I guessing that you have removed the probe and cleaned it up and checked it out?

Assuming you have, it sounds more like a connector or cable problem than probe.

Since you said that the indicator keeps going off when you disconnected the cable and tried both a jumper and no jumper, I would be suspicious of the cable and connector. If it is a resistance sensing circuit, no jumper would probably been OK.

Some circuits are voltage range sensing, e.g., high voltage and low voltage, They use the high voltage to check that sensor is working, lower voltage to determine the problem.

Whatever you do, it's usually a better idea to fix the problem than to work around it. If you bypass the probe, chances are someday you'll actually get trash in your fuel and could end up ruining the engine. Your choice: $100 probe fix or $5,000 engine?

Hope this helps.

Ralph


----------



## ralph2 (Jan 23, 2013)

thanks for the tip of "green tractor talk" ill try it. i dont know if i can fix this problem, jd has had it in the shop 2 times and came to the field once. they cant fix it. trash in the fuel is all they can say. i have 4 other tractors using from the same fuel supply and no problems with them.


----------



## mlappin (Jun 25, 2009)

Might just have to change the sensor if none of your other tractors are having difficulties.


----------



## ralph2 (Jan 23, 2013)

already done that, no help. also have cleaned it many times.


----------



## rgllubke (Jan 14, 2021)

Had problems with water in fuel message. Below is how my last 2 weeks have gone.

Started.

Sumped fuel tank.

Put new fillers on.

Created a leak on primary filter that would not quit no matter how many different filters.

Next step.

Put complete Primary filter housing with new bowl and sensor. This fixed leak and no more water in fuel messages.

Next step:

Tractor would not run correctly like getting air in fuel.

Replaced all fuel lines.

Still did not fix problem.

Replaced fuel pump and plastic connectors on each end of pump.

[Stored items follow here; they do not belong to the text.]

-- ===== src/Streamer/Gold/Counts.antt =====
-- What gold.rs counts as a kill.
use fps_anticheat_data_platf.Prelude.{
  ◌<◌, ◌≡◌, Bool, ◌&&◌, suc, keep, unwrap_or, str_eq, refl, ap, ◌∙◌, inl, inr, false, String, List,
  [], ◌∷◌, map, length, All, str_eq_iff, arith, Bool-cases,
}
use fps_anticheat_data_platf.Prelude.Int.{pos}
use fps_anticheat_data_platf.Prelude.Float.{Arithmetic}
use fps_anticheat_data_platf.Prelude.Text.{is_blank}
use fps_anticheat_data_platf.Streamer.Domain.{
  AnyEnvelope, kill, player_stat, event_id, match_id, player_id,
}
use fps_anticheat_data_platf.Streamer.Silver.{BronzeRow, kill_event_row}
use fps_anticheat_data_platf.Streamer.Silver.Totals.{kept_rows, silver_rows_lem}
use fps_anticheat_data_platf.Streamer.Silver.Fresh.{fresh, fresh-map, fresh-All}
use fps_anticheat_data_platf.Streamer.Silver.Reads.{row_of}
use fps_anticheat_data_platf.Streamer.Gold.{
  KillRecord, PlayerRow, group_rows, gold_row, gold_row_of,
}
use fps_anticheat_data_platf.Streamer.Gold.Grouping.{
  is_kill_by, kills_by, some_unless_empty, gold_row-grouped,
}
use fps_anticheat_data_platf.Streamer.Gold.Reads.{kill_row_of, silver_of}

-- the event is no kill of the player in the match
abbrev pub IsNoKillBy : String → String → AnyEnvelope → Type 0
IsNoKillBy m p (kill k) =
    ¬ ((match_id (kill k) ≡ m) × (unwrap_or k.payload.killer_name (player_id (kill k)) ≡ p))
IsNoKillBy m p (player_stat s) = Unit

-- the event is a statistic of the player in the match
abbrev pub is_stat_of : String → String → AnyEnvelope → Bool
is_stat_of m p (kill k) = false
is_stat_of m p (player_stat s) = str_eq s.match_id m && str_eq s.player_id p

-- the events whose identifier no event before them has
abbrev pub fresh_events : List AnyEnvelope → List AnyEnvelope
fresh_events = fresh event_id []

module _ (m p : String) where
  kills_by-kill :
      (e : AnyEnvelope)
      → is_blank m ≡ false
      → is_blank p ≡ false
      → IsNoKillBy m p e
      → is_kill_by m p (kill_row_of (kill_event_row (row_of e))) ≡ is_stat_of m p e
  unfolding kill_event_row
  kills_by-kill (player_stat s) hm hp h =
      ground (arith, str_eq_iff s.match_id m, str_eq_iff s.player_id p)
  kills_by-kill (kill k) hm hp h =
      let row = kill_row_of (kill_event_row (row_of (kill k))) in
      elim (Bool-cases (is_kill_by m p row)) [
        | inr e ↦ e
        | inl e ↦
            let (a, b) : (row.match_id ≡ m) × (row.killer_name ≡ p) =
              ground (arith, e, str_eq_iff row.match_id m, str_eq_iff row.killer_name p) in
            absurd (h (a, b))
      ]

  length-kills_by :
      (events : List AnyEnvelope)
      → is_blank m ≡ false
      → is_blank p ≡ false
      → All (IsNoKillBy m p) events
      → length (kills_by m p (map kill_row_of (map kill_event_row (map row_of events))))
        ≡ length (keep (is_stat_of m p) events)
  length-kills_by [] hm hp h = refl
  length-kills_by (e ∷ rest) hm hp h = elim (Bool-cases (is_stat_of m p e)) [
    | inl k ↦ rw (kills_by-kill e hm hp h.0, k) (ap suc (length-kills_by rest hm hp h.1))
    | inr k ↦ rw (kills_by-kill e hm hp h.0, k) (length-kills_by rest hm hp h.1)
  ]

gold_row_of-kills :
    (f : Arithmetic) (row : PlayerRow) (ks : List KillRecord)
    → 0 < length ks
    → (gold_row_of f row (some_unless_empty ks)).kills ≡ pos (length ks)
unfolding gold_row_of
gold_row_of-kills f row [] h = absurd (omega arith)
gold_row_of-kills f row (k ∷ ks) h = refl

-- Player statistics are counted as kills. Among any events of a batch, a player who has no kill in a
-- match, but has statistics in it that are not repeated events, has as many kills in the features as
-- there are such statistics, whatever kills they report.
pub gold_row_stats :
    (f : Arithmetic) (row : PlayerRow) (events : List AnyEnvelope)
    → is_blank row.match_id ≡ false
    → is_blank row.player_id ≡ false
    → All (IsNoKillBy row.match_id row.player_id) events
    → 0 < length (keep (is_stat_of row.match_id row.player_id) (fresh_events events))
    → (gold_row f (group_rows (map kill_row_of (silver_of events).kill_events) []) row).kills
      ≡ pos (length (keep (is_stat_of row.match_id row.player_id) (fresh_events events)))
gold_row_stats f row events hm hp none_by some_stat =
    let m = row.match_id in
    let p = row.player_id in
    let left = fresh_events events in
    let kept : kept_rows (map row_of events) ≡ map row_of left =
      fresh-map row_of (λ (r : BronzeRow). r.event_id) [] events in
    let ks = kills_by m p (map kill_row_of (map kill_event_row (map row_of left))) in
    let counted : length ks ≡ length (keep (is_stat_of m p) left) =
      length-kills_by m p left hm hp (fresh-All (IsNoKillBy m p) event_id [] events none_by) in
    rw
      (
        (silver_rows_lem (map row_of events) m p).0,
        kept,
        gold_row-grouped f (map kill_row_of (map kill_event_row (map row_of left))) row,
      )
      (gold_row_of-kills f row ks (rw counted some_stat) ∙ ap pos counted)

Tractor would run fine until put under load.

Got the red stop sign, computer beeping to stop tractor.

Called Deere started getting derate codes.

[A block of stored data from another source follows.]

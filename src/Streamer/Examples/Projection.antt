-- ===== src/Streamer/Examples/Projection.antt =====
-- Runs of the transforms and of the native worker over three events, with tables in memory.
use fps_anticheat_data_platf.Prelude.{
  ℕ, ◌+◌, ◌≡◌, refl, false, String, none, some, List, [], ◌∷◌, map, length, any, is_empty, keep,
  if◌then◌else◌, str_eq_iff, arith,
}
use fps_anticheat_data_platf.Prelude.Int.{pos, sub_ℕ, pos_part, neg_part}
use fps_anticheat_data_platf.Prelude.Float.{Float, nan, fin, Arithmetic}
use fps_anticheat_data_platf.Prelude.Result.{ok}
use fps_anticheat_data_platf.Streamer.Domain.{AnyEnvelope, kill}
use fps_anticheat_data_platf.Streamer.Columns.{
  Column, text, int, float, Schema, Arrow, IsArrow, IsTable, FillAll, column_named,
}
use fps_anticheat_data_platf.Streamer.Groups.{get}
use fps_anticheat_data_platf.Streamer.Silver.{
  BronzeRow, PlayerStatsMap, silver_rows, fresh_state, kill_event_row,
}
use fps_anticheat_data_platf.Streamer.Silver.Totals.{
  kept_rows, mentions, is_of, totals_of, silver_rows_lem,
}
use fps_anticheat_data_platf.Streamer.Silver.Reads.{row_of}
use fps_anticheat_data_platf.Streamer.Gold.{
  KillRow, PlayerRow, group_rows, gold_row, gold_row_of, gold_schema, gold_columns,
}
use fps_anticheat_data_platf.Streamer.Gold.Grouping.{kills_by, IsRowFor, gold_row_lem}
use fps_anticheat_data_platf.Streamer.Gold.Features.{Summarizes, gold_row_of-Summarizes}
use fps_anticheat_data_platf.Streamer.Gold.Reads.{
  kill_row_of, silver_of, gold_of, project, project_lem,
}
use fps_anticheat_data_platf.Streamer.Gold.Counts.{is_stat_of, fresh_events, gold_row_stats}
use fps_anticheat_data_platf.Streamer.Silver.Fresh.{fresh}
use fps_anticheat_data_platf.Streamer.Examples.{first_id, source, event_with, f32}

-- a table in memory, with as many rows as its first column has cells
pub record Table : Type 0 where
  pub schema : Schema
  pub cols : List Column

abbrev pub cells : Column → ℕ
cells (text cs) = length cs
cells (int cs) = length cs
cells (float cs) = length cs

abbrev pub height : List Column → ℕ
height [] = 0
height (c ∷ cs) = cells c

abbrev pub tables : Arrow Table
tables = record {
  try_new = λ schema cols. ok (record { schema = schema; cols = cols });
  num_rows = λ b. height b.cols;
  column_by_name = λ b name. column_named name b.schema b.cols;
  null_text = "";
}

tables_rows :
    (n : ℕ) (schema : Schema) (cols : List Column)
    → is_empty schema ≡ false
    → FillAll n schema cols
    → height cols ≡ n
tables_rows n [] cols h fits = cc
tables_rows n (f ∷ fs) [] h fits = absurd fits
tables_rows n (f ∷ fs) (text cs ∷ rest) h fits = fits.0.1
tables_rows n (f ∷ fs) (int cs ∷ rest) h fits = fits.0.1
tables_rows n (f ∷ fs) (float cs ∷ rest) h fits = fits.0.1

pub tables-IsArrow : IsArrow tables
tables-IsArrow = record {
  builds = λ n schema cols h fits. (record { schema = schema; cols = cols }, refl);
  rows = λ n schema cols b h fits e. cc (e, tables_rows n schema cols h fits);
  columns = λ n schema cols b name h fits e. cc e;
}

-- exact subtraction, so that the intervals are those of the times
abbrev minus : Float → Float → Float
minus (fin a) (fin b) = fin (sub_ℕ (pos_part a + neg_part b) (pos_part b + neg_part a))
minus a b = nan

abbrev pub f64 : Arithmetic
f64 = record f32 { sub = minus }

abbrev pub in_order : PlayerStatsMap → PlayerStatsMap
in_order entries = entries

abbrev killed_at : String → ℕ → String → AnyEnvelope
killed_at id time weapon = kill (record {
  schema_version = "1.0";
  event_id = id;
  op = "data.kill_event.telemetry";
  event_time = none;
  ingest_time = "2026-01-02T03:04:05Z";
  match_id = "m1";
  player_id = "p2";
  source = source;
  payload = record {
    match_id = "m1";
    killer_name = some "p2";
    victim_name = some "p1";
    killer_placement = none;
    victim_placement = none;
    killer_position_x = some (fin (pos 5));
    killer_position_y = some (fin (pos 5));
    victim_position_x = some (fin (pos 2));
    victim_position_y = some (fin (pos 1));
    event_time_seconds = some (fin (pos time));
    weapon = some weapon;
  };
})

-- two kills by p2, the second twice, and the statistics of p1
abbrev pub events : List AnyEnvelope
events =
    killed_at "k1" 40 "AKM"
    ∷ killed_at "k2" 33 "AKM"
    ∷ killed_at "k2" 33 "AKM"
    ∷ event_with first_id (pos 3)
    ∷ []

abbrev rows : List BronzeRow
rows = map row_of events

silver_rows_lem_example :
    ((silver_rows rows fresh_state).kill_events ≡ map kill_event_row (kept_rows rows))
    × (get "m1" "p1" (silver_rows rows fresh_state).player_stats ≡ (
        if any (mentions "m1" "p1") (kept_rows rows)
        then some (totals_of (keep (is_of "m1" "p1") (kept_rows rows)))
        else none))
silver_rows_lem_example = silver_rows_lem rows "m1" "p1"

abbrev kill_rows : List KillRow
kill_rows = map kill_row_of (silver_of events).kill_events

abbrev p2 : PlayerRow
p2 = record { match_id = "m1"; player_id = "p2"; kills = pos 0 }

gold_row_lem_example :
    let g = gold_row f64 (group_rows kill_rows []) p2 in
    (g.match_id ≡ "m1") × (g.player_id ≡ "p2") × IsRowFor f64 p2 (kills_by "m1" "p2" kill_rows) g
gold_row_lem_example = gold_row_lem f64 kill_rows p2

gold_row_of-Summarizes_example :
    Summarizes f64
      (kills_by "m1" "p2" kill_rows)
      (gold_row_of f64 p2 (some (kills_by "m1" "p2" kill_rows)))
gold_row_of-Summarizes_example = gold_row_of-Summarizes f64 p2 (kills_by "m1" "p2" kill_rows)

project_lem_example :
    (g : Table) × (project f64 in_order tables "now" events ≡ ok g)
    × IsTable tables
        (length (gold_of f64 in_order events))
        gold_schema
        (gold_columns "now" (gold_of f64 in_order events))
        g
project_lem_example = project_lem f64 in_order tables "now" events tables-IsArrow

abbrev p1 : PlayerRow
p1 = record { match_id = "m1"; player_id = "p1"; kills = pos 9 }

-- a match summary that reports nine kills, again, and a kill by another player
abbrev summaries : List AnyEnvelope
summaries = event_with first_id (pos 9) ∷ event_with first_id (pos 9) ∷ killed_at "k1" 40 "AKM" ∷ []

one_left : length (keep (is_stat_of "m1" "p1") (fresh_events summaries)) ≡ 1
unfolding fresh
one_left = refl

other : ¬ ◌≡◌ {A = String} "p2" "p1"
other h = cc ((str_eq_iff "p2" "p1").1 h)

gold_row_stats_example :
    (gold_row f64 (group_rows (map kill_row_of (silver_of summaries).kill_events) []) p1).kills
    ≡ pos (length (keep (is_stat_of "m1" "p1") (fresh_events summaries)))
gold_row_stats_example =
    gold_row_stats f64 p1 summaries refl refl (tt, (tt, ((λ h. other h.1), tt)))
      (omega (arith, one_left))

Guess what water in fuel code. Not a chance all new now way.

Finally got a different derate code that had to do with the rail pressure sensor. This sensor is located between the injector pump and starter.

All that was wrong was the sensor wires were touching the block and shorting out. Insulation on wires were fine just moved them so they would not touch. I put duck tape behind on block so they would not touch.

Tractor has been running ever since and starts better than it ever has even when new. Tractor has 1713 hours.

Worse 2 weeks I have ever had with a John Deere tractor wish I would have kept 4020 and 4320 but needed cab due to heat stroke.

Hope this helps. My emall is [email protected]


----------



## somedevildawg (Jun 20, 2011)

rgllubke said:


> Had problems with water in fuel message. Below is how my last 2 weeks have gone.
> 
> Started.
> 
> ...


Thanks for the information.......rgllubke
And...Welcome to Haytalk!


----------



## Vol (Jul 5, 2009)

Really good info rgllubke.

Regards, Mike


----------



## Tx Jim (Jun 30, 2014)

rgllubke

Welcome to HT.

One must love to hate this new electronic technology on farm tractors. I'm glad I no longer serve as a JD dealer service manager

Jim


----------